The 2 types are indeed related, you could say that given high levels of associativity, set skewing, proper data alignments and other techniques, you could reduce the conflicts, until you're mostly left with true capacity misses that are unavoidable.
My favorite definition for conflict misses from Reducing Compulsory and Capacity misses by Norman P. Jouppi:
Conflict misses are misses that would not occur if the cache were
fully associative with LRU replacement.
Let's look at an example. We have a direct-mapped cache of size of 4. The access sequences are
0(compulsory miss), 1(compulsory miss), 2(compulsory miss), 3(compulsory miss), 4(compulsory
miss), 1(hit), 2(hit), 3(hit), 0(capacity miss), 4(capacity miss), 0(conflict miss)

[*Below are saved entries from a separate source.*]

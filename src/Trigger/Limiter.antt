-- ===== src/Trigger/Limiter.antt =====
-- TriggerLimiter of operator/internal/server/trigger_limiter.go. The mutex makes each operation one
-- step on the map of counters. A time is a number of nanoseconds.
pub mod Window
pub mod Frame
pub mod Reached
pub mod Verdicts
pub mod Bounds
use flokoa.Common.{
  ℕ, suc, ◌+◌, ◌*◌, ℤ, pos, to_int32, add_one, sub_one, is_positive, at_least, Bool, false, ◌&&◌,
  List, [], ◌∷◌, ◌++◌, length, Option, none, some, Text, codes, ◌==◌, ltb, if◌then◌else◌,
}
use flokoa.Trigger.Config.{LimitsConfig}

pub record TriggerCounters : Type 0 where
  pub invocations : List ℕ
  pub active_tasks : ℤ

abbrev pub no_counters : TriggerCounters
no_counters = record { invocations = []; active_tasks = pos 0 }

-- The map `counters`; the latest entry of a key stands first.
abbrev pub TriggerLimiter : Type 0
TriggerLimiter = List (Text × TriggerCounters)

abbrev pub new_trigger_limiter : TriggerLimiter
new_trigger_limiter = []

abbrev pub find_counters : TriggerLimiter → Text → Option TriggerCounters
find_counters [] key = none
find_counters ((k, c) ∷ l) key = if k == key then some c else find_counters l key

abbrev pub or_no_counters : Option TriggerCounters → TriggerCounters
or_no_counters none = no_counters
or_no_counters (some c) = c

abbrev pub counters_of : TriggerLimiter → Text → TriggerCounters
counters_of l key = or_no_counters (find_counters l key)

abbrev pub key_of : Text → Text → Text
key_of name ns = ns ++ (codes "/" ++ name)

abbrev pub hour : ℕ
hour = 3600 * 1000000000

-- The invocations after `now.Add(-time.Hour)`; the hour is added on the other side of the test.
unfoldable pub recent : ℕ → List ℕ → List ℕ
recent now [] = []
recent now (t ∷ ts) = let rest = recent now ts in if ltb now (t + hour) then t ∷ rest else rest

-- The errors of Check, with the count and the limit that they name.
pub data Decision : Type 0 where
  allowed : Decision
  invocations_per_hour_exceeded : ℕ → ℤ → Decision
  concurrent_tasks_exceeded : ℤ → ℤ → Decision

-- A limit that is set and positive, and reached. The error takes the limit.
unfoldable pub verdict_under : Option ℤ → ℤ → (ℤ → Decision) → Decision → Decision
verdict_under none n error rest = rest
verdict_under (some limit) n error rest =
    if is_positive limit && at_least n limit then error limit else rest

unfoldable pub verdict : TriggerCounters → LimitsConfig → Decision
unfolding verdict_under
verdict c limits =
    verdict_under limits.max_invocations_per_hour (to_int32 (pos (length c.invocations)))
      (invocations_per_hour_exceeded (length c.invocations))
      (verdict_under limits.max_concurrent_tasks c.active_tasks
        (concurrent_tasks_exceeded c.active_tasks) allowed)

abbrev pub prune : ℕ → TriggerCounters → TriggerCounters
prune now c = record c { invocations = recent now c.invocations }

-- What Check leaves in the counters after the pruning.
abbrev pub after_verdict : Decision → ℕ → TriggerCounters → TriggerCounters
after_verdict allowed now c = record {
  invocations = c.invocations ++ (now ∷ []);
  active_tasks = to_int32 (add_one c.active_tasks);
}
after_verdict (invocations_per_hour_exceeded n limit) now c = c
after_verdict (concurrent_tasks_exceeded n limit) now c = c

unfoldable pub check :
    TriggerLimiter → ℕ → Text → Text → Option LimitsConfig → Decision × TriggerLimiter
unfolding verdict recent
check l now name ns none = (allowed, l)
check l now name ns (some limits) =
    let key = key_of name ns in
    let c = prune now (counters_of l key) in
    let v = verdict c limits in (v, (key, after_verdict v now c) ∷ l)

abbrev complete : TriggerLimiter → Text → Option TriggerCounters → TriggerLimiter
complete l key none = l
complete l key (some c) =
    if is_positive c.active_tasks
    then (key, record c { active_tasks = sub_one c.active_tasks }) ∷ l
    else l

unfoldable pub task_completed : TriggerLimiter → Text → Text → TriggerLimiter
task_completed l name ns = let key = key_of name ns in complete l key (find_counters l key)
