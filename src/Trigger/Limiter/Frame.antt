-- ===== src/Trigger/Limiter/Frame.antt =====
-- What one operation does to the counters of the trigger it names, and to those of others.
use flokoa.Common.{
  ℕ, ◌≡◌, refl, ◌≢◌, Option, none, some, Option-cases, Text, ==_iff, ==_refl, ◌∷◌, if◌then◌else◌,
  is_positive, sub_one, inl, inr, arith,
}
use flokoa.Trigger.Config.{LimitsConfig}
use flokoa.Trigger.Limiter.{
  TriggerCounters, TriggerLimiter, find_counters, counters_of, key_of, prune, verdict,
  after_verdict, check, task_completed,
}

counters_of_same :
    (l : TriggerLimiter) (key : Text) (c : TriggerCounters) → counters_of ((key, c) ∷ l) key ≡ c
counters_of_same l key c = ground (arith, ==_refl key)

counters_of_other :
    (l : TriggerLimiter) (k key : Text) (c : TriggerCounters)
    → k ≢ key
    → counters_of ((k, c) ∷ l) key ≡ counters_of l key
counters_of_other l k key c ne = ground (arith, ==_iff k key)

module _ (l : TriggerLimiter) (now : ℕ) (name ns : Text) where
  pub check-verdict :
      (limits : LimitsConfig)
      → (check l now name ns (some limits)).0
        ≡ verdict (prune now (counters_of l (key_of name ns))) limits
  unfolding check
  check-verdict limits = refl

  pub counters_of-check :
      (limits : LimitsConfig)
      → counters_of (check l now name ns (some limits)).1 (key_of name ns) ≡ (
          let c = prune now (counters_of l (key_of name ns)) in
          after_verdict (verdict c limits) now c)
  unfolding check
  counters_of-check limits = counters_of_same l (key_of name ns) _

  pub counters_of-check_other :
      (limits : Option LimitsConfig) (key : Text)
      → key_of name ns ≢ key
      → counters_of (check l now name ns limits).1 key ≡ counters_of l key
  unfolding check
  counters_of-check_other none key ne = refl
  counters_of-check_other (some limits) key ne = counters_of_other l (key_of name ns) key _ ne

-- The counters after TaskCompleted.
abbrev pub less_active : TriggerCounters → TriggerCounters
less_active c =
    if is_positive c.active_tasks then record c { active_tasks = sub_one c.active_tasks } else c

module _ (l : TriggerLimiter) (name ns : Text) where
  pub counters_of-task_completed :
      counters_of (task_completed l name ns) (key_of name ns)
      ≡ less_active (counters_of l (key_of name ns))
  unfolding task_completed
  counters_of-task_completed = elim (Option-cases (find_counters l (key_of name ns))) [
    | inl e ↦ ground (arith, e)
    | inr (c, e) ↦ ground (arith, e, ==_refl (key_of name ns))
  ]

  pub counters_of-task_completed_other :
      (key : Text)
      → key_of name ns ≢ key
      → counters_of (task_completed l name ns) key ≡ counters_of l key
  unfolding task_completed
  counters_of-task_completed_other key ne = elim (Option-cases (find_counters l (key_of name ns))) [
    | inl e ↦ ground (arith, e)
    | inr (c, e) ↦ ground (arith, e, ==_iff (key_of name ns) key)
  ]
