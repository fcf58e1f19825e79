-- ===== src/Trigger/Limiter/Reached.antt =====
-- The states that the limiter reaches, seen from one trigger: any sequence of checks and completions,
-- of this trigger with its limits, and of others with any limits.
use flokoa.Common.{
  ℕ, suc, ◌-◌, ◌≤◌, ◌≡◌, ◌≢◌, refl, ap, ◌∙◌, sym, subst, List, [], ◌∷◌, ◌++◌, Option, some, Text,
}
use flokoa.Trigger.Config.{LimitsConfig}
use flokoa.Trigger.Limiter.{
  TriggerCounters, TriggerLimiter, new_trigger_limiter, no_counters, counters_of, key_of, prune,
  Decision, allowed, invocations_per_hour_exceeded, concurrent_tasks_exceeded, verdict,
  after_verdict, check, task_completed,
}
use flokoa.Trigger.Limiter.Frame.{
  check-verdict, counters_of-check, counters_of-check_other, less_active,
  counters_of-task_completed, counters_of-task_completed_other,
}

module _ (name ns : Text) (limits : LimitsConfig) where
  -- The limiter, the times of the invocations that it allowed, the number of its tasks that run,
  -- and the time of the last check.
  pub data Reached : TriggerLimiter → List ℕ → ℕ → ℕ → Type 0 where
    new : Reached new_trigger_limiter [] 0 0
    allows :
        {l : TriggerLimiter} {log : List ℕ} {running last : ℕ} (now : ℕ)
        → Reached l log running last
        → last ≤ now
        → (check l now name ns (some limits)).0 ≡ allowed
        → Reached (check l now name ns (some limits)).1 (log ++ (now ∷ [])) (suc running) now
    rejects :
        {l : TriggerLimiter} {log : List ℕ} {running last : ℕ} (now : ℕ)
        → Reached l log running last
        → last ≤ now
        → (check l now name ns (some limits)).0 ≢ allowed
        → Reached (check l now name ns (some limits)).1 log running now
    completes :
        {l : TriggerLimiter} {log : List ℕ} {running last : ℕ}
        → Reached l log running last
        → Reached (task_completed l name ns) log (running - 1) last
    other_check :
        {l : TriggerLimiter} {log : List ℕ} {running last : ℕ} (now : ℕ) (name' ns' : Text)
        (limits' : Option LimitsConfig)
        → Reached l log running last
        → last ≤ now
        → key_of name' ns' ≢ key_of name ns
        → Reached (check l now name' ns' limits').1 log running now
    other_completes :
        {l : TriggerLimiter} {log : List ℕ} {running last : ℕ} (name' ns' : Text)
        → Reached l log running last
        → key_of name' ns' ≢ key_of name ns
        → Reached (task_completed l name' ns') log running last

  -- A property of the trigger's own counters that every operation keeps.
  pub record IsInvariant (K : TriggerCounters → List ℕ → ℕ → ℕ → Type 0) : Type 0 where
    pub start : K no_counters [] 0 0
    pub waits :
        (c : TriggerCounters) (log : List ℕ) (running last now : ℕ)
        → last ≤ now
        → K c log running last
        → K c log running now
    pub prunes :
        (c : TriggerCounters) (log : List ℕ) (running now : ℕ)
        → K c log running now
        → K (prune now c) log running now
    pub records :
        (c : TriggerCounters) (log : List ℕ) (running now : ℕ)
        → K c log running now
        → verdict (prune now c) limits ≡ allowed
        → K (after_verdict allowed now (prune now c)) (log ++ (now ∷ [])) (suc running) now
    pub finishes :
        (c : TriggerCounters) (log : List ℕ) (running last : ℕ)
        → K c log running last
        → K (less_active c) log (running - 1) last

  after_rejection :
      (v : Decision) (now : ℕ) (c : TriggerCounters) → v ≢ allowed → after_verdict v now c ≡ c
  after_rejection allowed now c h = absurd (h refl)
  after_rejection (invocations_per_hour_exceeded n limit) now c h = refl
  after_rejection (concurrent_tasks_exceeded n limit) now c h = refl

  pub Reached-invariant :
      {K : TriggerCounters → List ℕ → ℕ → ℕ → Type 0} {l : TriggerLimiter} {log : List ℕ}
      {running last : ℕ}
      → IsInvariant K
      → Reached l log running last
      → K (counters_of l (key_of name ns)) log running last
  Reached-invariant i new = i.start
  Reached-invariant {K = K} i (allows {l} {log} {running} {last} now r le e) =
      let c = counters_of l (key_of name ns) in
      let v : verdict (prune now c) limits ≡ allowed =
        sym (check-verdict l now name ns limits) ∙ e in
      subst (λ x. K x (log ++ (now ∷ [])) (suc running) now)
        (sym
          (counters_of-check l now name ns limits ∙ ap (λ x. after_verdict x now (prune now c)) v))
        (i.records c log running now (i.waits c log running last now le (Reached-invariant i r)) v)
  Reached-invariant {K = K} i (rejects {l} {log} {running} {last} now r le e) =
      let c = counters_of l (key_of name ns) in
      subst (λ x. K x log running now)
        (sym (
          counters_of-check l now name ns limits
          ∙ after_rejection (verdict (prune now c) limits) now (prune now c)
              (λ same. e (check-verdict l now name ns limits ∙ same))))
        (i.prunes c log running now (i.waits c log running last now le (Reached-invariant i r)))
  Reached-invariant {K = K} i (completes {l} {log} {running} {last} r) =
      subst (λ x. K x log (running - 1) last) (sym (counters_of-task_completed l name ns))
        (i.finishes (counters_of l (key_of name ns)) log running last (Reached-invariant i r))
  Reached-invariant {K = K} i
        (other_check {l} {log} {running} {last} now name' ns' limits' r le ne) =
      subst (λ x. K x log running now)
        (sym (counters_of-check_other l now name' ns' limits' (key_of name ns) ne))
        (i.waits (counters_of l (key_of name ns)) log running last now le (Reached-invariant i r))
  Reached-invariant {K = K} i (other_completes {l} {log} {running} {last} name' ns' r ne) =
      subst (λ x. K x log running last)
        (sym (counters_of-task_completed_other l name' ns' (key_of name ns) ne))
        (Reached-invariant i r)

The second to last 0 is a capacity miss because even if the cache were fully associative with LRU cache, it would still cause a miss because 4,1,2,3 are accessed before last 0. However the last 0 is a conflict miss because in a fully associative cache the last 4 would have replace 1 in the cache instead of 0.
Compulsory miss: when a block of main memory is trying to occupy fresh empty line of cache and the very first access to a memory Block that must be brought into cache is called compulsory miss.
Conflict miss: when still there are empty lines in the cache, block of main memory is conflicting with the already filled line of cache, ie., even when empty place is available, block is trying to occupy already filled line. its called conflict miss.
Capacity miss: miss occured when all lines of cache are filled.
conflict miss occurs only in direct mapped cache and set-associative cache. Because in associative mapping, no block of main memory tries to occupy already filled line.
Related
Could someone Please explain whether a capacity miss can happen in a direct mapped or set-associative caches? If that so, in what kind of instances?
capacity misses are mostly happen in fully associative caches because there's no mapping between memory and cache so that any item goes to a vacant slot in cache and finally the cache can be completely filled and may happen to replace incoming values with existing values.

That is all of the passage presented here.